Monday, December 26, 2011

The Presentation of Jesus

http://liturgicalyear.files.wordpress.com/2011/02/jesus-at-the-presentation-of-the-temple.jpg
This Sunday is the celebration of the naming of Jesus.  I don't have a favourite picture of that, and I'm not sure I've seen any famous ones.  It would, after all, have more than likely happened ina very small ceremony with a rabbi.  However I do have an all-time favourite picture of the presentation of Jesus at the temple.  What a wonderful set of expressions on their faces.  In Luke it reads:

"When the time of their purification accounrding to the Law of Moses had been completed, Joseph and Mary took him to Jerusalem to present him to the Lord..."

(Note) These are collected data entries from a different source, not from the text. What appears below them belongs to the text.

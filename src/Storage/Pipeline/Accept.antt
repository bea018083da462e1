-- ===== src/Storage/Pipeline/Accept.antt =====
-- Which jobs of a batch are accepted, `run_batch` of storage/src/pipeline.rs.
use sc_desktop_beautiful.Prelude.{
  List, [], arith, if-cases, inl, inr, none, refl, subst, ℕ, ◌+◌, ◌∙◌, ◌∷◌, ◌≡◌, ◌≢◌, ◌⊎◌,
}
use sc_desktop_beautiful.Storage.Files.{remove, remove_ne, remove_self}
use sc_desktop_beautiful.Storage.Pipeline.{
  Accepted, PipelineJob, Setup, World, accept, error, is_too_short, min_upload_duration,
  stage_output, track_too_short,
}
use sc_desktop_beautiful.Storage.Pipeline.Batch.{Handled, answers_to}
use sc_desktop_beautiful.Storage.Pipeline.Each.{
  AllHandled, AllStaged, AllStaged-same, Among, Separate, Separate-source, Separate-staged, owed,
}

module _ (s : Setup) where
  -- The jobs as they would be accepted.
  abbrev pub planned : List (PipelineJob × ℕ) → List (Accepted s)
  planned [] = []
  planned ((job, secs) ∷ jobs) = (job, secs, stage_output s.result_path job) ∷ planned jobs

-- What is accepted of the jobs, and what of them is done with.
module _ (s : Setup) (Temp : List ℕ → Type 0) where
  pub record Chosen (jobs : List (Accepted s)) (w : World) (out : List (Accepted s) × World)
      : Type 0 where
    pub chosen : (p : List ℕ) → Among s p out.0 → Among s p jobs
    pub separate : Separate s Temp out.0
    pub staged : AllStaged s (λ v. v ≡ none) out.1.files out.0
    pub done :
        (p : List ℕ)
        → Among s p jobs
        → Among s p out.0 ⊎ (¬ Among s p out.0 × (out.1.files p ≡ none))
    pub apart : (p : List ℕ) → Temp p → ¬ Among s p jobs → out.1.files p ≡ w.files p
    pub counted :
        (i : ℕ)
        → answers_to i out.1.answers + owed s i out.0 ≡ answers_to i w.answers + owed s i jobs

  pub Chosen-AllHandled :
      (jobs : List (Accepted s)) (w : World) (out : List (Accepted s) × World) (u : World)
      → ((p : List ℕ) → Among s p jobs → Temp p)
      → Chosen jobs w out
      → AllHandled s Temp out.0 out.1 u
      → AllHandled s Temp jobs w u
  Chosen-AllHandled jobs w out u temp c h = record {
    gone = λ p m. gone p (temp p m) (c.done p m);
    apart = λ p t n. h.apart p t (λ m. n (c.chosen p m)) ∙ c.apart p t n;
    counted = λ i. omega (arith, h.counted i, c.counted i);
  }
    where
      gone :
          (p : List ℕ)
          → Temp p
          → Among s p out.0 ⊎ (¬ Among s p out.0 × (out.1.files p ≡ none))
          → u.files p ≡ none
      gone p t (inl m) = h.gone p m
      gone p t (inr (n, e)) = h.apart p t n ∙ e

  Chosen-cons :
      (job : PipelineJob) (secs : ℕ) (jobs : List (Accepted s)) (w : World)
      (out : List (Accepted s) × World)
      → let a : Accepted s = (job, secs, stage_output s.result_path job) in
        Separate s Temp (a ∷ jobs)
        → w.files a.2 ≡ none
        → Chosen jobs w out
        → Chosen (a ∷ jobs) w (a ∷ out.0, out.1)
  Chosen-cons job secs jobs w out sep h c = record {
    chosen = chosen;
    separate = (
      sep.0,
      sep.1,
      sep.2,
      λ m. sep.3 (c.chosen job.source m),
      λ m. sep.4 (c.chosen staged_at m),
      c.separate,
    );
    staged = (c.apart staged_at sep.1 sep.4 ∙ h, c.staged);
    done = done;
    apart = λ p t n. c.apart p t λ m. n (inr (inr m));
    counted = λ i. omega (arith, c.counted i);
  }
    where
      staged_at : List ℕ
      staged_at = stage_output s.result_path job

      chosen :
          (p : List ℕ)
          → Among s p ((job, secs, staged_at) ∷ out.0)
          → Among s p ((job, secs, staged_at) ∷ jobs)
      chosen p (inl e) = inl e
      chosen p (inr (inl e)) = inr (inl e)
      chosen p (inr (inr m)) = inr (inr (c.chosen p m))

      skipped :
          (p : List ℕ)
          → Among s p jobs
          → Among s p out.0 ⊎ (¬ Among s p out.0 × (out.1.files p ≡ none))
          → Among s p ((job, secs, staged_at) ∷ out.0)
            ⊎ (¬ Among s p ((job, secs, staged_at) ∷ out.0) × (out.1.files p ≡ none))
      skipped p m (inl a) = inl (inr (inr a))
      skipped p m (inr (n, e)) = inr (
        λ x. elim x [
          | inl y ↦ Separate-source s Temp (job, secs, staged_at) jobs p sep m y
          | inr (inl y) ↦ Separate-staged s Temp (job, secs, staged_at) jobs p sep m y
          | inr (inr y) ↦ n y
        ],
        e,
      )

      done :
          (p : List ℕ)
          → Among s p ((job, secs, staged_at) ∷ jobs)
          → Among s p ((job, secs, staged_at) ∷ out.0)
            ⊎ (¬ Among s p ((job, secs, staged_at) ∷ out.0) × (out.1.files p ≡ none))
      done p (inl e) = inl (inl e)
      done p (inr (inl e)) = inl (inr (inl e))
      done p (inr (inr m)) = skipped p m (c.done p m)

  Chosen-skip :
      (a : Accepted s) (jobs : List (Accepted s)) (w v : World) (out : List (Accepted s) × World)
      → Separate s Temp (a ∷ jobs)
      → Handled s Temp a w v
      → Chosen jobs v out
      → Chosen (a ∷ jobs) w out
  Chosen-skip a jobs w v out sep h c = record {
    chosen = λ p m. inr (inr (c.chosen p m));
    separate = c.separate;
    staged = c.staged;
    done = done;
    apart = λ p t n.
        c.apart p t (λ m. n (inr (inr m))) ∙ h.apart p t (λ e. n (inl e)) (λ e. n (inr (inl e)));
    counted = λ i. omega (arith, c.counted i, h.counted i);
  }
    where
      away :
          (p : List ℕ)
          → Temp p
          → ¬ Among s p jobs
          → v.files p ≡ none
          → ¬ Among s p out.0 × (out.1.files p ≡ none)
      away p t n e = (λ m. n (c.chosen p m), c.apart p t n ∙ e)

      done :
          (p : List ℕ)
          → Among s p (a ∷ jobs)
          → Among s p out.0 ⊎ (¬ Among s p out.0 × (out.1.files p ≡ none))
      done p (inl e) = inr (
          subst (λ q. ¬ Among s q out.0 × (out.1.files q ≡ none)) e
            (away a.0.source sep.0 sep.3 h.source_gone))
      done p (inr (inl e)) = inr (
          subst (λ q. ¬ Among s q out.0 × (out.1.files q ≡ none)) e
            (away a.2 sep.1 sep.4 h.staged_gone))
      done p (inr (inr m)) = c.done p m

  -- A job that is too short is done with at once.
  turned_away-Handled :
      (a : Accepted s) (w : World)
      → a.0.source ≢ a.2
      → w.files a.2 ≡ none
      → Handled s Temp a w (record w {
        files = remove a.0.source w.files;
        answers =
            record { id = a.0.id; result = error (track_too_short a.1 min_upload_duration) }
            ∷ w.answers;
      })
  turned_away-Handled a w ne h = record {
    source_gone = remove_self a.0.source w.files;
    staged_gone = remove_ne a.0.source a.2 w.files ne ∙ h;
    apart = λ p t x y. remove_ne a.0.source p w.files x;
    counted = λ i. omega arith;
  }

  pub accept-Chosen :
      (jobs : List (PipelineJob × ℕ)) (w : World)
      → Separate s Temp (planned s jobs)
      → AllStaged s (λ v. v ≡ none) w.files (planned s jobs)
      → Chosen (planned s jobs) w (accept s jobs w)
  unfolding accept
  accept-Chosen [] w sep h = record {
    chosen = λ p m. m;
    separate = tt;
    staged = tt;
    done = λ p m. absurd m;
    apart = λ p t n. refl;
    counted = λ i. refl;
  }
  accept-Chosen ((job, secs) ∷ jobs) w sep h =
      let a : Accepted s = (job, secs, stage_output s.result_path job) in
      let v : World = record w {
        files = remove job.source w.files;
        answers =
            record { id = job.id; result = error (track_too_short secs min_upload_duration) }
            ∷ w.answers;
      } in
      if-cases (Chosen (a ∷ planned s jobs) w) (is_too_short s secs) _ _
        (λ _. Chosen-skip a (planned s jobs) w v _ sep (turned_away-Handled a w sep.2 h.0) (
          accept-Chosen jobs v sep.5 (
            AllStaged-same s Temp (λ x. x ≡ none) (planned s jobs) w.files v.files
              (λ p t m.
                remove_ne job.source p w.files (Separate-source s Temp a (planned s jobs) p sep m))
              sep.5 h.1)))
        (λ _. Chosen-cons job secs (planned s jobs) w _ sep h.0 (accept-Chosen jobs w sep.5 h.1))
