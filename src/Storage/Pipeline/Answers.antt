-- ===== src/Storage/Pipeline/Answers.antt =====
-- Every job of a batch is answered, `run_batch` of storage/src/pipeline.rs.
use sc_desktop_beautiful.Prelude.{List, [], if-cases, inl, inr, none, refl, some, ℕ, ◌∙◌, ◌∷◌, ◌≡◌}
use sc_desktop_beautiful.Prelude.Outcome.{Returns, Returns-mono}
use sc_desktop_beautiful.Storage.Files.{Files, remove, remove_ne, write_ne}
use sc_desktop_beautiful.Storage.Pipeline.{
  Accepted, PipelineJob, Ran, Setup, World, accept, batch_ran, encoded, exited, for_each, give_up,
  not_started, paths, probed, remove_outputs, retry_single, run_accepted, run_batch,
  run_ffmpeg_batch, spawn_commit, write_outputs,
}
use sc_desktop_beautiful.Storage.Pipeline.Accept.{Chosen-AllHandled, accept-Chosen, planned}
use sc_desktop_beautiful.Storage.Pipeline.Batch.{
  Lawful, give_up-Handles, retry_single-Handles, spawn_commit-Handles,
}
use sc_desktop_beautiful.Storage.Pipeline.Each.{
  AllHandled, AllHandled-cons, AllHandled-nil, AllStaged, AllHandled-from, Among, Separate,
  Separate-Temp, for_each-AllHandled,
}

-- What ffmpeg leaves of the files.
module _ (s : Setup) where
  write_outputs-apart :
      (jobs : List (Accepted s)) (files : Files) (p : List ℕ)
      → ¬ Among s p jobs
      → write_outputs s.encode (paths s jobs) files p ≡ files p
  unfolding write_outputs
  write_outputs-apart [] files p n = refl
  write_outputs-apart (a ∷ more) files p n =
      write_outputs-apart more _ p (λ m. n (inr (inr m)))
      ∙ write_ne a.2 p _ files (λ e. n (inr (inl e)))

  remove_outputs-apart :
      (jobs : List (Accepted s)) (files : Files) (p : List ℕ)
      → ¬ Among s p jobs
      → remove_outputs (paths s jobs) files p ≡ files p
  unfolding remove_outputs
  remove_outputs-apart [] files p n = refl
  remove_outputs-apart (a ∷ more) files p n =
      remove_outputs-apart more _ p (λ m. n (inr (inr m)))
      ∙ remove_ne a.2 p files (λ e. n (inr (inl e)))

  remove_outputs-none :
      (jobs : List (Accepted s)) (files : Files) (p : List ℕ)
      → files p ≡ none
      → remove_outputs (paths s jobs) files p ≡ none
  unfolding remove_outputs remove
  remove_outputs-none [] files p h = h
  remove_outputs-none (a ∷ more) files p h =
      remove_outputs-none more (remove a.2 files) p
        (if-cases (λ v. v ≡ none) _ _ _ (λ _. refl) (λ _. h))

  remove_outputs-AllStaged :
      (jobs later : List (Accepted s)) (files : Files)
      → AllStaged s (λ v. v ≡ none) files jobs
      → AllStaged s (λ v. v ≡ none) (remove_outputs (paths s later) files) jobs
  remove_outputs-AllStaged [] later files h = tt
  remove_outputs-AllStaged (a ∷ more) later files h =
      (remove_outputs-none later files a.2 h.0, remove_outputs-AllStaged more later files h.1)

module _ (s : Setup) (Temp : List ℕ → Type 0) (law : Lawful s Temp) where
  all_ready : (files : Files) (jobs : List (Accepted s)) → AllStaged s (λ _. Unit {0}) files jobs
  all_ready files [] = tt
  all_ready files (a ∷ more) = (tt, all_ready files more)

  spawned :
      (jobs : List (Accepted s)) (w : World) (f : Files)
      → Separate s Temp jobs
      → ((p : List ℕ) → ¬ Among s p jobs → f p ≡ w.files p)
      → Returns
          (AllHandled s Temp jobs w)
          (for_each s (spawn_commit s) jobs (record w { files = f }))
  spawned jobs w f sep same =
      Returns-mono (AllHandled s Temp jobs (record w { files = f })) (AllHandled s Temp jobs w) _
        (for_each-AllHandled s Temp (λ v. Unit {0}) (spawn_commit s)
          (spawn_commit-Handles s Temp law) jobs (record w { files = f }) sep (all_ready f jobs))
        λ u _ x. AllHandled-from s Temp jobs w u f same x

  -- The batch failed, and nothing is staged.
  failed_batch :
      (a : Accepted s) (more : List (Accepted s)) (w : World) (m : List ℕ) (f : Files)
      → Separate s Temp (a ∷ more)
      → AllStaged s (λ v. v ≡ none) f (a ∷ more)
      → ((p : List ℕ) → ¬ Among s p (a ∷ more) → f p ≡ w.files p)
      → Returns (AllHandled s Temp (a ∷ more) w) (batch_ran s (a ∷ more) w (some m, f))
  unfolding batch_ran give_up
  failed_batch a [] w m f sep h same = AllHandled-from s Temp (a ∷ []) w _ f same (
      AllHandled-cons s Temp a [] (record w { files = f }) _ _ sep
        (give_up-Handles s Temp law m a (record w { files = f }) sep.0 sep.1 sep.2 h.0)
        (AllHandled-nil s Temp _))
  failed_batch a (b ∷ more) w m f sep h same =
      Returns-mono (AllHandled s Temp (a ∷ b ∷ more) (record w { files = f }))
        (AllHandled s Temp (a ∷ b ∷ more) w) _
        (for_each-AllHandled s Temp (λ v. v ≡ none) (retry_single s)
          (retry_single-Handles s Temp law) (a ∷ b ∷ more) (record w { files = f }) sep h)
        λ u _ x. AllHandled-from s Temp (a ∷ b ∷ more) w u f same x

  batch_ran-AllHandled :
      (a : Accepted s) (more : List (Accepted s)) (w : World)
      → Separate s Temp (a ∷ more)
      → AllStaged s (λ v. v ≡ none) w.files (a ∷ more)
      → (r : Ran)
      → Returns
          (AllHandled s Temp (a ∷ more) w)
          (batch_ran s (a ∷ more) w (run_ffmpeg_batch s.encode r (paths s (a ∷ more)) w.files))
  unfolding run_ffmpeg_batch batch_ran
  batch_ran-AllHandled a more w sep h encoded =
      spawned (a ∷ more) w (write_outputs s.encode (paths s (a ∷ more)) w.files) sep
        (write_outputs-apart s (a ∷ more) w.files)
  batch_ran-AllHandled a more w sep h (exited m) =
      failed_batch a more w m (remove_outputs (paths s (a ∷ more)) w.files) sep
        (remove_outputs-AllStaged s (a ∷ more) (a ∷ more) w.files h)
        (remove_outputs-apart s (a ∷ more) w.files)
  batch_ran-AllHandled a more w sep h (not_started m) =
      failed_batch a more w m w.files sep h (λ p n. refl)

  run_accepted-AllHandled :
      (out : List (Accepted s) × World)
      → Separate s Temp out.0
      → AllStaged s (λ v. v ≡ none) out.1.files out.0
      → Returns (AllHandled s Temp out.0 out.1) (run_accepted s out)
  unfolding run_accepted
  run_accepted-AllHandled ([], w) sep h = AllHandled-nil s Temp w
  run_accepted-AllHandled (a ∷ more, w) sep h = batch_ran-AllHandled a more w sep h _

  pub run_batch-AllHandled :
      (jobs : List PipelineJob) (w : World)
      → Separate s Temp (planned s (probed s w.files jobs))
      → AllStaged s (λ v. v ≡ none) w.files (planned s (probed s w.files jobs))
      → Returns (AllHandled s Temp (planned s (probed s w.files jobs)) w) (run_batch s jobs w)
  unfolding run_batch
  run_batch-AllHandled jobs w sep h =
      let chosen = accept-Chosen s Temp (probed s w.files jobs) w sep h in
      Returns-mono (AllHandled s Temp _ _) (AllHandled s Temp _ w) _
        (run_accepted-AllHandled (accept s (probed s w.files jobs) w) chosen.separate chosen.staged)
        λ u _ x. Chosen-AllHandled s Temp _ w _ u (λ p m. Separate-Temp s Temp _ p sep m) chosen x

The purification to which Luke refers can be found in the Old Testament, but as a rough synopsis I can tell you that Mary would have been considered unclean for 40 days after the birth of a son and 80 days after the birth of a daughter.  During this period of time she would have been forbidden many activities and probably would have simply rested and been with her child.  After her 40 days were finished she would have made her way to the local Mikvah, or special baths kept in every Jewish community.  Under the watchful eye of a Mikvah attendent she would have removed all of her clothing, her jewellery, bandages, even scabs are suspect, and immersed herself three times in the water.  When every inch of her had been wet, she would be considered ritually clean and able to resume the life of a wife and citizen again.

Jesus, who would have been circumcised eight days after birth (the Naming of Jesus) would have travelled with them to Jerusalem to be presented at the temple as a first-born son.  Two pigeons or two turtle-doves were a sacrifice to be given on this occasion.  Although it isn't time yet for us to celebrate the presentation, the two events are so closely linked in my mind that I can't help but want to tie them together.  After all, we know so few things about Jesus's childhood that those pivotal moments from when the wise men left them to return to the East and the shepherds returned to their flocks, and when Jesus astounds us all at the age of twelve at the temple, we have only assumptions, and a few facts on which to base everything we know of the childhood of God.